COMPARING DISTRIBUTIONS
CHAPTER 6: THE STANDARD DEVIATION AS A RULER AND THE NORMAL MODEL
• STANDARD DEVIATION
• ANSWERS THE QUESTION HOW FAR IS THIS VALUE FROM THE MEAN AND HOW DIFFERENT ARE THESE TWO STATISTICS
• STANDARDIZED VALUES OR Z-SCORES MEASURE THE DISTANCE OF EACH DATA VALUE FROM THE MEAN IN STANDARD DEVIATIONS. STANDARDIZED VALUES HAVE NO UNITS.
• SHIFTING DATA
• WHEN WE ADD OR SUBTRACT A CONSTANT TO EACH VALUE ALL MEASURES OF POSITION(CENTER, PERCENTILES, MIN, AND MAX) WILL INCREASE OR DECREASE BY THAT SAME CONSTANT. THIS LEAVES SPREAD THE SAME.
• WHEN WE MULTIPLY OR DIVIDE BY A CONSTANT TO EACH VALUE ALL MEASURES OF POSITION AND SPREAD WILL BE MULTIPLIED OR DIVIDED BY THAT CONSTANT.

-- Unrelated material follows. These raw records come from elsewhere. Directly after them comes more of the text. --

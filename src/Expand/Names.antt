-- ===== src/Expand/Names.antt =====
-- What `cpmglob` of cpmfs.c gives: the listed names that a pattern accepts.
use cpmtools.Base.{
  ℕ, zero, suc, ◌+◌, ◌-◌, ◌≤◌, ◌<◌, ◌≡◌, ◌↔◌, ◌⊎◌, inl, inr, refl, sym, ap, ◌∙◌, true, false, List,
  [], ◌∷◌, ◌++◌, arith, Option, none, some, Option-cases, Bool-cases, lt→ltb,
}
use mathlib.Core.Path.{subst}
use native.Mathlib.Decide.{ℕ_discrete}
use cpmtools.Super.{Drive, Result, ok}
use cpmtools.Inode.{Inode}
use cpmtools.File.{is_dir}
use cpmtools.Glob.{match}
use cpmtools.Listing.{Dirent, dirent_at, readdir_from, readdir, reserved_entries}
use cpmtools.Expand.{with_dirent, go_on, dirents_from, matching, expand, glob}

-- An element of a list.
abbrev pub In : {A : Type 0} → A → List A → Type 0
In x [] = ⊥
In x (y ∷ ys) = (y ≡ x) ⊎ In x ys

In-append : {A : Type 0} (x : A) (xs ys : List A) → In x (xs ++ ys) ↔ (In x xs ⊎ In x ys)
In-append x [] ys = (inr, λ h. elim h [ inl none_here ↦ absurd none_here | inr h ↦ h ])
In-append x (z ∷ zs) ys =
    let rest = In-append x zs ys in
    (
      λ h. elim h [
        | inl here ↦ inl (inl here)
        | inr later ↦ elim (rest.0 later) [ inl a ↦ inl (inr a) | inr b ↦ inr b ]
      ],
      λ h. elim h [
        | inl first ↦ elim first [ inl here ↦ inl here | inr a ↦ inr (rest.1 (inl a)) ]
        | inr b ↦ inr (rest.1 (inr b))
      ],
    )

-- an optional element in front of a list
abbrev prepend : Option Dirent → List Dirent → List Dirent
prepend none es = es
prepend (some e) es = e ∷ es

In-prepend :
    (e : Dirent) (o : Option Dirent) (es : List Dirent)
    → In e (prepend o es) ↔ ((o ≡ some e) ⊎ In e es)
In-prepend e none es = (inr, λ h. elim h [ inl wrong ↦ absurd (cc) | inr later ↦ later ])
In-prepend e (some x) es = (
  λ h. elim h [ inl same ↦ inl (ap some same) | inr later ↦ inr later ],
  λ h. elim h [ inl same ↦ inl (cc) | inr later ↦ inr later ],
)

-- The entries listed at `n` positions from `pos` on.
listed : Drive → ℕ → ℕ → List Dirent
listed d zero pos = []
listed d (suc n) pos = prepend (dirent_at d pos) (listed d n (suc pos))

-- An entry listed at one of `n` positions from `pos` on.
abbrev ListedIn : Drive → ℕ → ℕ → Dirent → Type 0
ListedIn d n pos e = (j : ℕ) × (pos ≤ j) × (j < n + pos) × (dirent_at d j ≡ some e)

In-listed : (d : Drive) (n pos : ℕ) (e : Dirent) → In e (listed d n pos) ↔ ListedIn d n pos e
unfolding listed
In-listed d zero pos e = (λ h. absurd h, λ (j, low, high, at). absurd (omega arith))
In-listed d (suc n) pos e =
    let here = In-prepend e (dirent_at d pos) (listed d n (suc pos)) in
    let rest = In-listed d n (suc pos) e in
    (
      λ h. elim (here.0 h) [
        | inl at ↦ (pos, omega arith, omega arith, at)
        | inr later ↦ let (j, low, high, at) = rest.0 later in (j, omega arith, omega arith, at)
      ],
      λ (j, low, high, at). here.1 (elim (ℕ_discrete pos j) [
        | yes same ↦ inl (ap (dirent_at d) same ∙ at)
        | no other ↦ inr (rest.1 (j, omega arith, omega arith, at))
      ]),
    )

-- one round of the loop of `cpmReaddir`
readdir_from-none :
    (d : Drive) (n pos : ℕ)
    → pos < d.maxdir + reserved_entries
    → dirent_at d pos ≡ none
    → readdir_from (suc n) d pos ≡ readdir_from n d (suc pos)
unfolding readdir_from
readdir_from-none d n pos h nothing =
    let inside = lt→ltb pos (d.maxdir + reserved_entries) h in
    rw (inside, nothing, readdir_from) refl

readdir_from-some :
    (d : Drive) (n pos : ℕ) (x : Dirent)
    → pos < d.maxdir + reserved_entries
    → dirent_at d pos ≡ some x
    → readdir_from (suc n) d pos ≡ (some x, suc pos)
unfolding readdir_from
readdir_from-some d n pos x h found =
    let inside = lt→ltb pos (d.maxdir + reserved_entries) h in rw (inside, found, readdir_from) refl

module _ (d : Drive) (root : Inode) (is_root : is_dir root.mode ≡ true) where
  abbrev loop : ℕ → Option Dirent × ℕ
  loop pos = readdir_from (d.maxdir + reserved_entries - pos) d pos

  abbrev wrap : Option Dirent × ℕ → Result (Option Dirent) × ℕ
  wrap r = (ok r.0, r.1)

  readdir-directory : (pos : ℕ) → readdir d root pos ≡ wrap (loop pos)
  unfolding readdir
  readdir-directory pos = rw is_root refl

  dirents_from-listed :
      (n rounds pos : ℕ)
      → n + pos ≡ d.maxdir + reserved_entries
      → n < rounds
      → dirents_from rounds d root pos ≡ some (listed d n pos)
  unfolding dirents_from go_on listed readdir_from
  dirents_from-listed n zero pos e h = absurd (omega arith)
  dirents_from-listed zero (suc rounds) pos e h =
      let over : d.maxdir + reserved_entries - pos ≡ 0 = omega arith in
      ap (go_on (dirents_from rounds d root))
        (readdir-directory pos ∙ ap (λ k. wrap (readdir_from k d pos)) over)
  dirents_from-listed (suc n) (suc rounds) pos e h =
      let fewer : n ≡ d.maxdir + reserved_entries - suc pos = omega arith in
      let more : d.maxdir + reserved_entries - pos ≡ suc n = omega arith in
      let inside : pos < d.maxdir + reserved_entries = omega arith in
      let rest = dirents_from rounds d root in
      elim (Option-cases (dirent_at d pos)) [
        | inl nothing ↦
            ap (go_on rest) (
              readdir-directory pos
              ∙ ap wrap (
                  ap (λ k. readdir_from k d pos) more
                  ∙ readdir_from-none d n pos inside nothing
                  ∙ ap (λ k. readdir_from k d (suc pos)) fewer)
              ∙ sym (readdir-directory (suc pos)))
            ∙ dirents_from-listed n (suc rounds) (suc pos) (omega arith) (omega arith)
            ∙ ap (λ o. some (prepend o (listed d n (suc pos)))) (sym nothing)
        | inr (x, found) ↦
            ap (go_on rest) (
              readdir-directory pos
              ∙ ap wrap
                  (ap (λ k. readdir_from k d pos) more ∙ readdir_from-some d n pos x inside found))
            ∙ ap (with_dirent x)
                (dirents_from-listed n rounds (suc pos) (omega arith) (omega arith))
            ∙ ap (λ o. some (prepend o (listed d n (suc pos)))) (sym found)
      ]

-- A name among the entries, which the pattern accepts.
abbrev Accepted : List ℕ → List ℕ → List Dirent → Type 0
Accepted pattern name es = (e : Dirent) × In e es × (e.name ≡ name) × (match name pattern ≡ true)

In-matching :
    (pattern name : List ℕ) (es : List Dirent)
    → In name (matching pattern es) ↔ Accepted pattern name es
unfolding matching
In-matching pattern name [] = (λ h. absurd h, λ (e, none_here, same, accepts). absurd none_here)
In-matching pattern name (x ∷ xs) =
    let rest = In-matching pattern name xs in
    elim (Bool-cases (match x.name pattern)) [
      | inl accepts ↦ rw accepts (
        λ h. elim h [
          | inl same ↦ (x, inl refl, same, ap (λ t. match t pattern) (sym same) ∙ accepts)
          | inr later ↦ let (e, at, same, ok_name) = rest.0 later in (e, inr at, same, ok_name)
        ],
        λ (e, at, same, ok_name). elim at [
          | inl here ↦ inl (ap (λ k. k.name) here ∙ same)
          | inr later ↦ inr (rest.1 (e, later, same, ok_name))
        ],
      )
      | inr refuses ↦ rw refuses (
        λ h. let (e, at, same, ok_name) = rest.0 h in (e, inr at, same, ok_name),
        λ (e, at, same, ok_name). elim at [
          | inl here ↦
              let wrong : false ≡ true =
                sym refuses ∙ ap (λ t. match t pattern) (ap (λ k. k.name) here ∙ same) ∙ ok_name in
              absurd (cc)
          | inr later ↦ rest.1 (e, later, same, ok_name)
        ],
      )
    ]

In-expand :
    (name : List ℕ) (es : List Dirent) (patterns : List (List ℕ))
    → In name (expand es patterns)
      ↔ ((pattern : List ℕ) × In pattern patterns × Accepted pattern name es)
unfolding expand
In-expand name es [] = (λ h. absurd h, λ (pattern, none_here, accepted). absurd none_here)
In-expand name es (p ∷ ps) =
    let here = In-matching p name es in
    let rest = In-expand name es ps in
    let both = In-append name (matching p es) (expand es ps) in
    (
      λ h. elim (both.0 h) [
        | inl first ↦ (p, inl refl, here.0 first)
        | inr later ↦ let (pattern, at, accepted) = rest.0 later in (pattern, inr at, accepted)
      ],
      λ (pattern, at, accepted). both.1 (elim at [
        | inl same ↦ inl (here.1 (subst (λ t. Accepted t name es) (sym same) accepted))
        | inr later ↦ inr (rest.1 (pattern, later, accepted))
      ]),
    )

-- A position at which an entry is listed.
abbrev pub ListedAt : Drive → Dirent → ℕ → Type 0
ListedAt d e j = (j < d.maxdir + reserved_entries) × (dirent_at d j ≡ some e)

-- `cpmglob` of a directory comes to its end, and gives exactly the names of the entries that
-- `cpmReaddir` lists at some position and that `match` accepts for some of the patterns.
pub glob_iff :
    (d : Drive) (root : Inode) (patterns : List (List ℕ))
    → is_dir root.mode ≡ true
    → (names : List (List ℕ)) × (glob d root patterns ≡ some names)
      × ((name : List ℕ)
          → In name names ↔ (
              (pattern : List ℕ) × In pattern patterns
              × (e : Dirent) × (j : ℕ) × ListedAt d e j
              × (e.name ≡ name)
              × (match name pattern ≡ true)))
unfolding glob
glob_iff d root patterns is_root =
    let n = d.maxdir + reserved_entries in
    let es = listed d n 0 in
    let run = dirents_from-listed d root is_root n (n + 1) 0 (omega arith) (omega arith) in
    (
      expand es patterns,
      rw (run, glob) refl,
      λ name.
          let names = In-expand name es patterns in
          (
            λ h.
                let (pattern, at, (e, among, same, accepts)) = names.0 h in
                let (j, low, high, found) = (In-listed d n 0 e).0 among in
                (pattern, at, e, j, (omega arith, found), same, accepts),
            λ (pattern, at, e, j, (inside, found), same, accepts). names.1 (
              pattern,
              at,
              (e, (In-listed d n 0 e).1 (j, omega arith, omega arith, found), same, accepts),
            ),
          ),
    )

CHAPTER 6 CONT.• NORMAL MODEL
• THE BELL SHAPE CURVE THAT IT IS APPROPRIATE FOR DISTRIBUTIONS WHOSE SHAPES ARE UNIMODAL AND SYMMETRIC.
• NUMBERS WE USE TO SPECIFY THIS MODEL ARE CALLED PARAMETERS.
• SUMMARIES OF THIS DATA ARE CALLED STATISTICS.
• A NORMAL MODEL WITH A MEAN OF 0 AND A STANDARD DEVIATION OF 1 IS CALLED THE STANDARD NORMAL MODEL.
• IN ORDER TO USE THIS MODEL THE DATA MUST MEET THE NEARLY NORMAL CONDITION.
• THE 68-95-99.7 RULE- SAYS THAT 68% OF THE DATA WILL FALL WITHIN 1 STANDARD DEVIATION OF THE MEAN, 95% WILL FALL WITHIN 2 STANDARD DEVIATIONS, AND 99.7% WILL FALL WITHIN 3 STANDARD DEVIATIONS.
CHAPTER 6 CONT.
• RULES FOR WORKING WITH THE NORMAL MODEL
1. MAKE A PICTURE
2. MAKE A PICTURE
3. MAKE A PICTURE
• NORMAL PROBABILITY PLOT- TELLS YOU IF YOUR DATA IS NORMAL BY SHOWING WHETHER OR NOT YOUR DATA LIES ON A DIAGONAL LINE.